=== Instructions for the task ===
Where does "Result" occur in the listing? Copy every line that holds it.
--- Study material Enclosed Below ---
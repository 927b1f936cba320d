-- ===== src/Deserialize/Tests.antt =====
-- Configurations on concrete values.
use pandora_web_server.Base.{
  ◌≡◌, refl, Option, none, some, Bytes, List, [], ◌∷◌, All, codes, bytes_eq, bytes_le, sort,
}
use pandora_web_server.Modules.{Result, ok, err}
use pandora_web_server.Deserialize.{
  Value, seq, text, object, other, nil, cons, Fields, end, field, one_or_many, push_elements,
  merge_map, merge_entries, remove, Field, Flattened, MapVisitor, derived, visit_regular,
  visit_flattened, visit_map, deserialize_seed, merge_files, all_files, load_from_files,
}
use pandora_web_server.Deserialize.Merged.{all_fields, load_from_files-all_fields}

abbrev text_of : Value → Result Bytes Bytes
text_of (text t) = ok t
text_of (seq values) = err (codes "type")
text_of (object fields) = err (codes "type")
text_of other = err (codes "type")

abbrev wrong_type : Bytes
wrong_type = codes "type"

one_or_many_tests :
    (one_or_many wrong_type text_of (codes "a" ∷ []) (text (codes "b"))
      ≡ ok (codes "a" ∷ codes "b" ∷ []))
    × (one_or_many wrong_type text_of [] (seq (cons (text (codes "b")) nil)) ≡ ok (codes "b" ∷ []))
    × (one_or_many wrong_type text_of [] other ≡ err wrong_type)
unfolding one_or_many push_elements
one_or_many_tests = (refl, refl, refl)

abbrev seed : List Bytes → Value → Result Bytes (List Bytes)
seed list value = one_or_many wrong_type text_of list value

merge_map_tests :
    merge_map wrong_type [] seed
      ((codes "x", codes "a" ∷ []) ∷ [])
      (object (field (codes "x") (text (codes "b")) end))
    ≡ ok ((codes "x", codes "a" ∷ codes "b" ∷ []) ∷ [])
unfolding merge_map merge_entries remove one_or_many push_elements
merge_map_tests = refl

-- A struct of a list and a flattened text.
abbrev fields : List (Field (List Bytes × Bytes) Bytes)
fields =
    record {
      names = codes "list" ∷ codes "all" ∷ [];
      deserialize = λ (list, own) value. elim (one_or_many wrong_type text_of list value) [
        | err e ↦ err e
        | ok merged ↦ ok (merged, own)
      ];
    }
    ∷ []

abbrev flattened : List (Flattened (List Bytes × Bytes) Bytes)
flattened =
    record {
      accepts_field = λ name. bytes_eq name (codes "own");
      visit_field =
          λ (list, own) name value. elim (text_of value) [ err e ↦ err e | ok t ↦ ok (list, t) ];
    }
    ∷ []

abbrev visitor : MapVisitor (List Bytes × Bytes) Bytes
unfolding derived
visitor = derived (λ name. name) fields flattened

abbrev fields_of : Bytes → Fields
fields_of file = field (codes "all") (text file) (field (codes "own") (text file) end)

abbrev read : Bytes → Result Bytes Value
read file = ok (object (fields_of file))

abbrev glob : Bytes → Option (List (Option Bytes))
glob pattern = some (some (codes "b") ∷ none ∷ some (codes "a") ∷ [])

loaded :
    load_from_files wrong_type visitor ([], []) bytes_le glob read (codes "*" ∷ [])
    ≡ ok (codes "a" ∷ codes "b" ∷ [], codes "b")
unfolding load_from_files merge_files all_files deserialize_seed visit_map derived visit_regular
    visit_flattened one_or_many push_elements
loaded = refl

reads :
    All
      (λ file. read file ≡ ok (object (fields_of file)))
      (sort bytes_le (all_files glob (codes "*" ∷ [])))
unfolding all_files
reads = (refl, (refl, tt))

load_from_files-all_fields_example :
    load_from_files wrong_type visitor ([], []) bytes_le glob read (codes "*" ∷ [])
    ≡ deserialize_seed wrong_type visitor
        ([], [])
        (object (all_fields fields_of (sort bytes_le (all_files glob (codes "*" ∷ [])))))
load_from_files-all_fields_example =
    load_from_files-all_fields wrong_type visitor ([], []) bytes_le glob read fields_of
      (codes "*" ∷ []) reads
--- End of Enclosed Study material ---
=== Answer for the task ===
use pandora_web_server.Modules.{Result, ok, err}
abbrev text_of : Value → Result Bytes Bytes
abbrev seed : List Bytes → Value → Result Bytes (List Bytes)
abbrev read : Bytes → Result Bytes Value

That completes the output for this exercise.